▶ **EXERCISE AIM**
From the line that includes "then with_id c m (close_down_conn" to the last line of the data, quote each line precisely; both boundary lines belong in the answer.

___ RECORD SET

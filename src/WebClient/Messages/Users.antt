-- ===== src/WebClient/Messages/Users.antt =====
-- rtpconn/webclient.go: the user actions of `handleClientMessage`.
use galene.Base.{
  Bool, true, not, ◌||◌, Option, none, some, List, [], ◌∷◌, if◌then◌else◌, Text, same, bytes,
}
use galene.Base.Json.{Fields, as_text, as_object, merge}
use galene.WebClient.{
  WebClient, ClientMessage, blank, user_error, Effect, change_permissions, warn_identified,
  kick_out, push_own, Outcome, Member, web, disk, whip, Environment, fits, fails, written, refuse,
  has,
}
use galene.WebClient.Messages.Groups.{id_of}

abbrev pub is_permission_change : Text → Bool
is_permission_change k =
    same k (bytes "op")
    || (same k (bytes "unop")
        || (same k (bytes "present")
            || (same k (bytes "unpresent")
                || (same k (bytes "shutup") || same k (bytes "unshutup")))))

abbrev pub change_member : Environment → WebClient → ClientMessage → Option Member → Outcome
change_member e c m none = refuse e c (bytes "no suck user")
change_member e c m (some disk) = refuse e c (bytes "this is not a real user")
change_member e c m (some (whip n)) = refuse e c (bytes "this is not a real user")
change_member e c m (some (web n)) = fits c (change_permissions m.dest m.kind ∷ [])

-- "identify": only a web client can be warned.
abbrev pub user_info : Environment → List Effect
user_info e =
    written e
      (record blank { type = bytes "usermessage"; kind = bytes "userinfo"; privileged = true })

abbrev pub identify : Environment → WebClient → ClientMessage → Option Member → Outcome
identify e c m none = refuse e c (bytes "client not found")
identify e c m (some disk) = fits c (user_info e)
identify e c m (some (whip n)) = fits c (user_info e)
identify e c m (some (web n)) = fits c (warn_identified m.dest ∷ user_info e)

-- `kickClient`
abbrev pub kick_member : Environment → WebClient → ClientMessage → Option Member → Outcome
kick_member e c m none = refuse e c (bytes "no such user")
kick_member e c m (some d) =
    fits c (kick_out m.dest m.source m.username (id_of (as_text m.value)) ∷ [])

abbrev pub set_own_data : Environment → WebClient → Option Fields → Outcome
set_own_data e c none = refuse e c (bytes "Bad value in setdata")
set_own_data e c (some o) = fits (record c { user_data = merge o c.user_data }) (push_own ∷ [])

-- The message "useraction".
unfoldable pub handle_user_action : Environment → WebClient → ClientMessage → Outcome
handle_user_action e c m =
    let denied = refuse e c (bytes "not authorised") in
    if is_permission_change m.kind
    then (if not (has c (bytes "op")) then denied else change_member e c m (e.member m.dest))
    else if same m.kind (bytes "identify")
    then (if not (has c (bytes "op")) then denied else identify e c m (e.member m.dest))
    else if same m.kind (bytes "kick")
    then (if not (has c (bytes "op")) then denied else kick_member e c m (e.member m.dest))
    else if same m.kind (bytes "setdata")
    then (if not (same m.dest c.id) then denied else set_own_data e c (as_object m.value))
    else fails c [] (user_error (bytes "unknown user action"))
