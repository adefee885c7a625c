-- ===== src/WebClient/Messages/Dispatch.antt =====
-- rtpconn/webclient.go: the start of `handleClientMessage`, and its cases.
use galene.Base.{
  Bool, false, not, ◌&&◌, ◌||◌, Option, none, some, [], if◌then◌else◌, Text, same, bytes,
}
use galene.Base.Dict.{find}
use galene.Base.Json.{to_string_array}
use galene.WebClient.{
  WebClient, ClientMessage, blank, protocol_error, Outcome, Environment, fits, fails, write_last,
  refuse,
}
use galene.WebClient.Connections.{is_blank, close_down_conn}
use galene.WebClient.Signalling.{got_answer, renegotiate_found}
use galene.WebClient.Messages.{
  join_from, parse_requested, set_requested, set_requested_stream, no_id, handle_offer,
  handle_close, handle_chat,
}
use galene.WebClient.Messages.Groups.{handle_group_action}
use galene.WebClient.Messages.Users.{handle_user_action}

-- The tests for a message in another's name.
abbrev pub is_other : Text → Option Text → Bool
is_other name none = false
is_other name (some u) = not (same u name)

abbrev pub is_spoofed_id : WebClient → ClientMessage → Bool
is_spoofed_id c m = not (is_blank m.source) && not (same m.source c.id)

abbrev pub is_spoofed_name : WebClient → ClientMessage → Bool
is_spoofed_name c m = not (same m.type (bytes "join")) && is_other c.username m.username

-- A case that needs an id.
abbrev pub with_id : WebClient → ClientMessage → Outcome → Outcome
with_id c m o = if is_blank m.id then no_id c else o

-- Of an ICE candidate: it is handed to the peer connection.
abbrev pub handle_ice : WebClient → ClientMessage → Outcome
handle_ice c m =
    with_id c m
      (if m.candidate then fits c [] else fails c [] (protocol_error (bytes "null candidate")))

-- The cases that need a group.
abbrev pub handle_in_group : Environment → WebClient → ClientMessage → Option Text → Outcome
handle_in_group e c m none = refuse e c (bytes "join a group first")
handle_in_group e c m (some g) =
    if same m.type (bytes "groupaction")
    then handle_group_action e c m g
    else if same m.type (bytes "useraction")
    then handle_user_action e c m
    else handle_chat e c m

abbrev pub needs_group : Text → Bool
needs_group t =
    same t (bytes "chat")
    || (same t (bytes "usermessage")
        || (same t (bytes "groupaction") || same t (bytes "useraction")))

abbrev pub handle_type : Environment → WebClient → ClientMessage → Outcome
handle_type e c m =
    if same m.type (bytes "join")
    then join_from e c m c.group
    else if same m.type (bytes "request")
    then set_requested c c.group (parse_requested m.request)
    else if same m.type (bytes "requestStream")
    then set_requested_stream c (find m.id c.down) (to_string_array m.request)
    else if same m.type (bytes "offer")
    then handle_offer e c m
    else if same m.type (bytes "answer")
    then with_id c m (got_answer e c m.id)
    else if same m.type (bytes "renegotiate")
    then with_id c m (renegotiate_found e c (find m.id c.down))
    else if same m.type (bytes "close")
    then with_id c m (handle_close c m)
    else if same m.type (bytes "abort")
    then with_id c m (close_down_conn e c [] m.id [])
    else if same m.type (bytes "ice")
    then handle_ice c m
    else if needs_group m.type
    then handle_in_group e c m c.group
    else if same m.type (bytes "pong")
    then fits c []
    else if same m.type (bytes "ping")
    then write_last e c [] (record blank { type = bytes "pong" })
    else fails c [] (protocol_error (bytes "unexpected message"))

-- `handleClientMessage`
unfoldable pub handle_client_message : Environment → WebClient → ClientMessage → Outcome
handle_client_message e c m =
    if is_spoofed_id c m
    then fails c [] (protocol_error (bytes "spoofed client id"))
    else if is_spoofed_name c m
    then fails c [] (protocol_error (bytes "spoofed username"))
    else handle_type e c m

______

▶ **SOLVED EXERCISE**
    then with_id c m (close_down_conn e c [] m.id [])
    else if same m.type (bytes "ice")
    then handle_ice c m
    else if needs_group m.type
    then handle_in_group e c m c.group
    else if same m.type (bytes "pong")
    then fits c []
    else if same m.type (bytes "ping")
    then write_last e c [] (record blank { type = bytes "pong" })
    else fails c [] (protocol_error (bytes "unexpected message"))

-- `handleClientMessage`
unfoldable pub handle_client_message : Environment → WebClient → ClientMessage → Outcome
handle_client_message e c m =
    if is_spoofed_id c m
    then fails c [] (protocol_error (bytes "spoofed client id"))
    else if is_spoofed_name c m
    then fails c [] (protocol_error (bytes "spoofed username"))
    else handle_type e c m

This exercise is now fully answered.